Task prompt. Scan the data for "antt" and copy the lines it appears in.

Dataset records.
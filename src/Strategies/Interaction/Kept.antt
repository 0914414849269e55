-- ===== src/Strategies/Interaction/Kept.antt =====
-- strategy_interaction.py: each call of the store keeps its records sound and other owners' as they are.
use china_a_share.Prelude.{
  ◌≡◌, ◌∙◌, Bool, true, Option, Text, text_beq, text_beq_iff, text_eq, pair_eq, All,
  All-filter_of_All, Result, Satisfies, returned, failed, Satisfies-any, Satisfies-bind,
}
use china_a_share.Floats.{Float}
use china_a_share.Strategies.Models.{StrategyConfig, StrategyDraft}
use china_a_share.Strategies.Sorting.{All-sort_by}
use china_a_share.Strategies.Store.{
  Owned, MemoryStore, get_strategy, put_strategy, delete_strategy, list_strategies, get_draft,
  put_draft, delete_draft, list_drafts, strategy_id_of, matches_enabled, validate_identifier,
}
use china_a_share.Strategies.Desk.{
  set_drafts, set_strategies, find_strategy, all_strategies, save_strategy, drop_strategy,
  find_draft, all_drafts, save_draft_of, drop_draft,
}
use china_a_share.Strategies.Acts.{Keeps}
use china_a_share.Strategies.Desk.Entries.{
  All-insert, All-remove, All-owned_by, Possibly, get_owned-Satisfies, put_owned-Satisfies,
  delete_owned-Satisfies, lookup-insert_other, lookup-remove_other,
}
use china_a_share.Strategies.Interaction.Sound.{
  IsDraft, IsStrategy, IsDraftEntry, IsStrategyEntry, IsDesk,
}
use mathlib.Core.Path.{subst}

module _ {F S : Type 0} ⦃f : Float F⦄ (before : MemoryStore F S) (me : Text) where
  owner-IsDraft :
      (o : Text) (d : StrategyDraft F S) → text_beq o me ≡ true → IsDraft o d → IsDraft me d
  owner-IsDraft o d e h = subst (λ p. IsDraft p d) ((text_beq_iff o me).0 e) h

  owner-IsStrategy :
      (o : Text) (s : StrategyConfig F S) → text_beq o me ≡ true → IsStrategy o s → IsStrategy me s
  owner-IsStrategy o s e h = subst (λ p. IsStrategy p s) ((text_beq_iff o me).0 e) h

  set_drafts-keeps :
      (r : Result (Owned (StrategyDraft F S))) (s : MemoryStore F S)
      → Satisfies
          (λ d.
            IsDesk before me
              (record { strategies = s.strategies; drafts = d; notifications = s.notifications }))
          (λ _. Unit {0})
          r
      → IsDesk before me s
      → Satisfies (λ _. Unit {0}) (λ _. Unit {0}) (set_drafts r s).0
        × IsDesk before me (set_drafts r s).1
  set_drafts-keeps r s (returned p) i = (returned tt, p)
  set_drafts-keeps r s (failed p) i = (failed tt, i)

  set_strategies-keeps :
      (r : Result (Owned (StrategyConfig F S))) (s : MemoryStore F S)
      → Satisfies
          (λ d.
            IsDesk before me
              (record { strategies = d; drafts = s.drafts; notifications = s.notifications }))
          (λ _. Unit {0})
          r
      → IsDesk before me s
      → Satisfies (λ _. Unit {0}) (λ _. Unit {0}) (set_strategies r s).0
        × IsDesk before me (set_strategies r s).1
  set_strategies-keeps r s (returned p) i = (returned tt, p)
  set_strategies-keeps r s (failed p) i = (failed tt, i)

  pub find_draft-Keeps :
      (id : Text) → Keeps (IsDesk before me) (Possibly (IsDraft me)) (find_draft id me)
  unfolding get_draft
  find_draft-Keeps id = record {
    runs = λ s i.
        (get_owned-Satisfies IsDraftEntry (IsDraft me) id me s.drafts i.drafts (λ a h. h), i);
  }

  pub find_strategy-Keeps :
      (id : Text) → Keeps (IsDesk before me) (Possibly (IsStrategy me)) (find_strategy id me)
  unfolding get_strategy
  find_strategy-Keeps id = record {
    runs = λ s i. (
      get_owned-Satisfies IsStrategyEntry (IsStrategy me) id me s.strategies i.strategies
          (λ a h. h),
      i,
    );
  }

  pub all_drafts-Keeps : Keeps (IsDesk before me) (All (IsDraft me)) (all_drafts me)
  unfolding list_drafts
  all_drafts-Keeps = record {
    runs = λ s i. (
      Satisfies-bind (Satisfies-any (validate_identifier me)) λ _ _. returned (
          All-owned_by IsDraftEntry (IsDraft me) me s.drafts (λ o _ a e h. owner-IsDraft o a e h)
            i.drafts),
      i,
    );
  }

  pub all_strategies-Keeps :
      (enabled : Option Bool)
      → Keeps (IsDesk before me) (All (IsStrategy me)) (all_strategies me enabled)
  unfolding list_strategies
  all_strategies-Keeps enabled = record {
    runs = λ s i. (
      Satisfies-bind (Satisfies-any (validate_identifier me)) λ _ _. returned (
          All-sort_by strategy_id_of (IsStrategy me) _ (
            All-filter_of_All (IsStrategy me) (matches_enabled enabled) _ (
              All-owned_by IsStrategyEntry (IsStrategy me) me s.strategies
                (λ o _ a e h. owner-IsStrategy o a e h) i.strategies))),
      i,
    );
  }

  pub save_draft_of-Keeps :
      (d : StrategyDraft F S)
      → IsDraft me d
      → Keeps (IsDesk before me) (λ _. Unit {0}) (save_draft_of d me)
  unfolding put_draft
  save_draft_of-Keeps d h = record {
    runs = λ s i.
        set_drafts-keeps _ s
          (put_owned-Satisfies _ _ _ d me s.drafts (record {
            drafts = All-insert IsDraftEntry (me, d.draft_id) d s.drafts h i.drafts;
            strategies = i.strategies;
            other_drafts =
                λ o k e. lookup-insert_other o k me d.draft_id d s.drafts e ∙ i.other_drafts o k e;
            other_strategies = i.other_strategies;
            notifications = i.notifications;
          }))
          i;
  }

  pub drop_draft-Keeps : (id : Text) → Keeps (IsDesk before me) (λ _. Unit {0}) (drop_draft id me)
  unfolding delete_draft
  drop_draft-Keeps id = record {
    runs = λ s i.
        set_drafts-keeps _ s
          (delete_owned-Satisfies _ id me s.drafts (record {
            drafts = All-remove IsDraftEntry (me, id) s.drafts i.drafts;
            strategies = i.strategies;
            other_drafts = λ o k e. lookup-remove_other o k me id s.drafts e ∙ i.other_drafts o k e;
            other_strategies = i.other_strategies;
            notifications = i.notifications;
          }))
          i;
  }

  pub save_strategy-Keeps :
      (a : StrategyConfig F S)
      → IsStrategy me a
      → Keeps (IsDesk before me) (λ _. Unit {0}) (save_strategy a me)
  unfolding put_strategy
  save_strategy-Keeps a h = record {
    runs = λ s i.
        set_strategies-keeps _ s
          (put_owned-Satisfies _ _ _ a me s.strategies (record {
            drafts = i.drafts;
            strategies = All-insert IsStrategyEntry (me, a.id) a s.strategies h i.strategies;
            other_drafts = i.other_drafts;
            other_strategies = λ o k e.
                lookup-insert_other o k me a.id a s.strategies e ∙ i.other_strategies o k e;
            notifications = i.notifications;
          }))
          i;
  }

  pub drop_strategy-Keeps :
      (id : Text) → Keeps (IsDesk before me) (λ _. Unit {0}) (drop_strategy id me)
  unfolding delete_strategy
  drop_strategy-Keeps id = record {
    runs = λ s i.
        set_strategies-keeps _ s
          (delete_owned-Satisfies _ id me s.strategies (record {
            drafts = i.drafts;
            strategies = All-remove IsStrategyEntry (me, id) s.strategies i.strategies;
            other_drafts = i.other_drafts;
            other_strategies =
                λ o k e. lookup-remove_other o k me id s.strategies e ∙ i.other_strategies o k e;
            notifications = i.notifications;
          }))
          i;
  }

Exercise answer.
filename src/Strategies/Interaction/Kept.antt
-- ===== src/Strategies/Interaction/Kept.antt =====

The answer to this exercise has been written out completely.